4. On peut affirmer que, sans aucune tentation triomphaliste, mais seulement dans la conscience de sa mission propre, l'Église médite sur le mystère révélé mais ineffable de la Bonté divine: la force de ce mystère dans les siècles a non seulement amené de nombreuses nations à adorer et à sanctifier le Nom, mais a fait au moins connaître ce nom au monde entier. La substance du message biblique — dont le centre est dans le Christ Fils de Dieu, Fils de l'homme, mort et ressuscité par amour, message de justice, de bonté, d'humanité, de sagesse, de liberté, d'égalité, de fraternité, de paix intérieure, d'aspiration à la plénitude du développement de tous les hommes et de toutes les sociétés humaines — est devenue un patrimoine commun et universel, ce dont souvent beaucoup de cultures ou d'individus ne se rendent cependant pas compte.

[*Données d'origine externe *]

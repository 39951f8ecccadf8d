-- ===== src/Command/Parts.antt =====
-- The fields of a command: words, numbers and lists as they are written are taken apart again.
use etransfer.Common.{ℕ, ◌≡◌, refl, Bool, true, false, [], ◌∷◌, ◌++◌, some, Bytes, arith, ◌&&◌}
use etransfer.Text.{is_space, take_while, drop_while}
use etransfer.Proxy.{all_bytes}
use etransfer.Command.{is_dot, rest_path, next_field, spaced_field, not_space}

module _ (p : ℕ → Bool) where
  pub take_while-end : (w : Bytes) → all_bytes p w ≡ true → take_while p w ≡ w
  unfolding all_bytes
  take_while-end [] h = refl
  take_while-end (c ∷ w) h = ground (arith, h, take_while-end w)

  pub drop_while-end : (w : Bytes) → all_bytes p w ≡ true → drop_while p w ≡ []
  unfolding all_bytes
  drop_while-end [] h = refl
  drop_while-end (c ∷ w) h = ground (arith, h, drop_while-end w)

  pub take_while-stop :
      (w : Bytes) (d : ℕ) (s : Bytes)
      → all_bytes p w ≡ true
      → p d ≡ false
      → take_while p (w ++ d ∷ s) ≡ w
  unfolding all_bytes
  take_while-stop [] d s h e = rw e refl
  take_while-stop (c ∷ w) d s h e = ground (arith, h, take_while-stop w d s)

  pub drop_while-stop :
      (w : Bytes) (d : ℕ) (s : Bytes)
      → all_bytes p w ≡ true
      → p d ≡ false
      → drop_while p (w ++ d ∷ s) ≡ d ∷ s
  unfolding all_bytes
  drop_while-stop [] d s h e = rw e refl
  drop_while-stop (c ∷ w) d s h e = ground (arith, h, drop_while-stop w d s)

  next_field-stop :
      (c : ℕ) (w : Bytes) (d : ℕ) (s : Bytes)
      → all_bytes p (c ∷ w) ≡ true
      → p d ≡ false
      → next_field p ((c ∷ w) ++ d ∷ s) ≡ some (c ∷ w, d ∷ s)
  unfolding next_field
  next_field-stop c w d s h e =
      rw (next_field, take_while-stop (c ∷ w) d s h e, drop_while-stop (c ∷ w) d s h e) refl

  next_field-end :
      (c : ℕ) (w : Bytes) → all_bytes p (c ∷ w) ≡ true → next_field p (c ∷ w) ≡ some (c ∷ w, [])
  unfolding next_field
  next_field-end c w h = rw (next_field, take_while-end (c ∷ w) h, drop_while-end (c ∷ w) h) refl

-- A text that starts with a byte that is no space and has no end of a line in it.
abbrev pub is_visible : Bytes → Bool
is_visible [] = false
is_visible (c ∷ s) = not_space c && all_bytes is_dot s

pub rest_path-visible : (s : Bytes) → is_visible s ≡ true → rest_path (b' ' ∷ s) ≡ some s
unfolding rest_path
rest_path-visible [] h = absurd (ground (arith, h))
rest_path-visible (c ∷ s) h =
    let v : is_space c ≡ false = ground (arith, h) in
    let one_line : all_bytes is_dot s ≡ true = ground (arith, h) in rw (rest_path, v, one_line) refl

-- A field behind one space, in front of a space or at the end.
abbrev pub is_field : (ℕ → Bool) → Bytes → Bool
is_field p [] = false
is_field p (c ∷ w) = not_space c && all_bytes p (c ∷ w)

pub spaced_field-stop :
    (p : ℕ → Bool) (w s : Bytes)
    → is_field p w ≡ true
    → p b' ' ≡ false
    → spaced_field p (b' ' ∷ (w ++ b' ' ∷ s)) ≡ some (w, b' ' ∷ s)
unfolding spaced_field
spaced_field-stop p [] s h e = absurd (ground (arith, h))
spaced_field-stop p (c ∷ w) s h e =
    let v : is_space c ≡ false = ground (arith, h) in
    let all : all_bytes p (c ∷ w) ≡ true = ground (arith, h) in
    rw v (next_field-stop p c w b' ' s all e)

pub spaced_field-end :
    (p : ℕ → Bool) (w : Bytes) → is_field p w ≡ true → spaced_field p (b' ' ∷ w) ≡ some (w, [])
unfolding spaced_field
spaced_field-end p [] h = absurd (ground (arith, h))
spaced_field-end p (c ∷ w) h =
    let v : is_space c ≡ false = ground (arith, h) in
    let all : all_bytes p (c ∷ w) ≡ true = ground (arith, h) in rw v (next_field-end p c w all)

pub all_bytes-append :
    (p : ℕ → Bool) (l r : Bytes)
    → all_bytes p l ≡ true
    → all_bytes p r ≡ true
    → all_bytes p (l ++ r) ≡ true
unfolding all_bytes
all_bytes-append p [] r h k = k
all_bytes-append p (c ∷ l) r h k = ground (arith, h, k, all_bytes-append p l r)

pub field-all : (p : ℕ → Bool) (a : Bytes) → is_field p a ≡ true → all_bytes p a ≡ true
unfolding all_bytes
field-all p [] h = refl
field-all p (c ∷ w) h = ground (arith, h)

5. Dans cette mission ininterrompue, au milieu de difficultés insurmontables, a été présentée aux hommes une vie difficile mais digne de confiance qui, dans l'annonce salvifique de la mort et de la résurrection du Christ, porte tous les frères, unis entre eux par une solidarité commune, vers l'unique Dieu et Seigneur, pour l'aimer, le reconnaître, lui rendre grâce, l'adorer. Et cette foi salvifique et dynamique a marqué et marque la libération plénière de l'homme avec des effets réels dans le champ aussi des relations sociales. Cela est réaffirmé encore par la récente exhortation apostolique de Paul VI Evangelii Nuntiandi, du 8 décembre 1975, qui est comme la « somme » de l'action missionnaire et du témoignage de l'Église catholique aujourd'hui dans le monde.
6. On peut encore affirmer que l'Église n'ignore pas non plus que, selon la totalité du plan divin révélé, Israël effectue une oeuvre importante, fondamentale, dont la raison d'être est la « sanctification du Nom » dans le monde.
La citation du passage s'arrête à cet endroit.